La société Hachette ayant financé les supports vierges et les frais techniques de développement de photographies pour ses titres de presse, a été considérée comme propriétaire originaire desdits supports sans qu’il soit besoin de démontrer l’acquisition par la société éditrice des supports transformés par l’intervention du photographe, la qualité de propriétaire du support matériel étant reconnue à celui qui en a assuré le paiement et/ou la fabrication.
La juridiction a de ce fait écarté, comme étant inopérants, les moyens tirés de la possession de bonne foi, des règles de l’accession mobilière résultant des articles 566 et suivants du code civil, parce que la société Hachette Filipacchi Presse était reconnue propriétaire ab initio des supports transformés.
Pour mémoire, l’article L. 111-3 du code de la propriété intellectuelle pose le principe que la propriété incorporelle est indépendante de la propriété de l’objet matériel. L’acquéreur de cet objet n’est investi, du fait de cette acquisition, d’aucuns droits sans cession. Les droits d’auteur subsistent en la personne de l’auteur ou de ses ayants droit qui, pourtant, ne peuvent exiger du propriétaire de l’objet matériel la mise à leur disposition de cet objet pour l’exercice desdits droits. Néanmoins, en cas d’abus notoire du propriétaire empêchant l’exercice du droit de divulgation, le tribunal judiciaire peut prendre toute mesure appropriée.
Ces dispositions prévoient l’indépendance des propriétés corporelle et intellectuelle ; la vente du support n’entraîne pas cession des droits d’auteur à l’acquéreur et la cession des droits de propriété intellectuelle n’entraîne pas le transfert de propriété du support. Il s’ensuit que le propriétaire du support exerce les prérogatives que lui confère le droit de propriété d’un objet corporel notamment la vente de celui-ci à laquelle ne peut s’opposer le titulaire des droits d’auteurs, ce dernier pouvant en revanche interdire au propriétaire du support de reproduire l’oeuvre, de porter atteinte à son intégrité, puisque ce dernier ne dispose d’aucun droit de propriété intellectuelle sur l’oeuvre.

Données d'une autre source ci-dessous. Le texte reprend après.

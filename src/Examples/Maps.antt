-- ===== src/Examples/Maps.antt =====
-- Lookups through chains and wrappers, and health, at concrete inputs.
use proxylib.Prelude.{ℕ, ◌+◌, ◌%◌, ◌≡◌, refl, true, false, none, [], ◌∷◌, length, arith}
use proxylib.Python.Text.{text, ◌==◌}
use proxylib.Python.Exec.{ok, raise, key_error, type_error, is_a, lift}
use proxylib.Python.Dict
use proxylib.Lookup.{lookup, answer_for, own_map, chain_map, chain_lookup, or_next}
use proxylib.Lookup.Chains.{Asked, chain_lookup-Asked, lookup-own_map}
use proxylib.Health.{first_working_proxy}
use proxylib.Health.Probing.{first_working_proxy_lem, first_reachable}
use proxylib.Wrappers.{World, cached_lookup, cached_read, position_of, rotated, round_robin_lookup}
use proxylib.Wrappers.Caching.{cached_lookup_again}
use proxylib.Wrappers.Rotation.{round_robin_rotates, after_lookups}
use proxylib.SystemConfig.{to_proxymap, source_maps, empty_config}
use proxylib.SystemConfig.Deferring.{to_proxymap-decides}
use proxylib.Samples.{offline, pair_answer, silent_map, pair_map, start}

pair_map-steady : (w : World ℕ) → lookup pair_map (text "u") w ≡ (ok pair_answer, w)
pair_map-steady w = lookup-own_map (λ url. lift (ok pair_answer)) (text "u") w (λ ps h e. cc)

silent_map-steady : (w : World ℕ) → lookup silent_map (text "u") w ≡ (raise key_error, w)
silent_map-steady w = lookup-own_map (λ url. lift (raise key_error)) (text "u") w (λ ps h e. cc)

nothing_stored : (cached_read 5 60 (text "u") []).0 ≡ none
unfolding cached_read Dict.get
nothing_stored = refl

chain_lookup-Asked_example :
    Asked
      (text "u")
      (silent_map ∷ pair_map ∷ [])
      start
      (chain_lookup (silent_map ∷ pair_map ∷ []) (text "u") start)
chain_lookup-Asked_example = chain_lookup-Asked (silent_map ∷ pair_map ∷ []) (text "u") start

cached_lookup_again_example :
    ((cached_lookup 60 1 pair_map
        (text "u")
        (record (cached_lookup 60 1 pair_map (text "u") start).1 { now = 9; rest = 3 })).0
      ≡ ok pair_answer)
    × ((cached_lookup 60 1 pair_map
          (text "u")
          (record (cached_lookup 60 1 pair_map (text "u") start).1 { now = 9; rest = 3 })).1.rest
        ≡ 3)
cached_lookup_again_example =
    cached_lookup_again 60 1 pair_map (text "u") start
      (record (cached_lookup 60 1 pair_map (text "u") start).1 { now = 9; rest = 3 }) pair_answer
      (omega arith) nothing_stored (ground (arith, pair_map-steady start)) refl (omega arith)

round_robin_rotates_example :
    (round_robin_lookup pair_map (text "u") (after_lookups pair_map (text "u") 3 start)).0
    ≡ ok (rotated ((position_of pair_answer start.positions + 3) % length pair_answer) pair_answer)
round_robin_rotates_example =
    round_robin_rotates pair_map (text "u") pair_answer start 3 pair_map-steady (omega arith)
      (unfold Dict.get in omega arith)

first_working_proxy_lem_example :
    (first_working_proxy (λ host port. host == text "b") 5 30 pair_answer []).0
    ≡ first_reachable (λ host port. host == text "b") 5 30 [] pair_answer
first_working_proxy_lem_example =
    first_working_proxy_lem (λ host port. host == text "b") 5 30 [] pair_answer

to_proxymap-decides_example : is_a type_error key_error ≡ false
unfolding to_proxymap lookup answer_for source_maps chain_map own_map chain_lookup or_next is_a
to_proxymap-decides_example =
    to_proxymap-decides (own_map (λ url. lift (raise type_error))) (λ u. silent_map)
      (λ u. silent_map) true empty_config (text "u") start type_error refl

Comme l’a encore exactement retenu le premier juge, l’arrêt rendu par la Cour de cassation le 28 octobre 2015, dans une affaire similaire, puisqu’elle opposait la société Hachette Filipacchi Presse à un autre photographe indépendant qui avait réalisé, à partir de 1974 jusqu’en 1984, des reportages pour le magazine LUI, a tranché cette question.
Par cet arrêt, la Cour de cassation a dit pour droit que viole les articles 544 du code civil et L. 111-3 du code de la propriété intellectuelle, une cour d’appel qui, pour condamner un éditeur à payer à un photographe des dommages-intérêts en réparation du préjudice patrimonial résultant de la non-restitution des clichés photographiques dont ce dernier est l’auteur, retient que la preuve de l’acquisition des supports transformés par l’intervention du photographe n’est pas rapportée par l’éditeur, alors que, selon ses propres constatations, celui-ci avait financé les supports vierges et les frais techniques de développement, ce dont il résulte qu’il était le propriétaire originaire desdits supports matériels.
Cet arrêt apparaît conforme à la jurisprudence antérieure de la Cour de cassation. En effet, déjà dans un arrêt du 8 juin 2004 (1re Civ., 8 juin 2004, pourvoi n° 02-13.096), dans un litige opposant un photographe indépendant à une société qui lui avait passé commande de reportages photographiques destinés à la promotion des différents programmes immobiliers qu’elle réalisait, la Cour de cassation a jugé qu’il résultait des notes versées aux débats par le photographe que celui-ci avait facturé distinctement les reportages et les frais techniques énumérés comme représentant les pellicules, développement plus contacts, ektas, diapositives en couleur, correspondant, en définitive, au support matériel de l’oeuvre, et que ces frais avaient été payés. Elle a dès lors approuvé la cour d’appel qui a décidé, à partir de ces éléments, que la société qui avait passé cette commande avait acquis, outre le droit de reproduction des oeuvres, la propriété des supports matériels des clichés.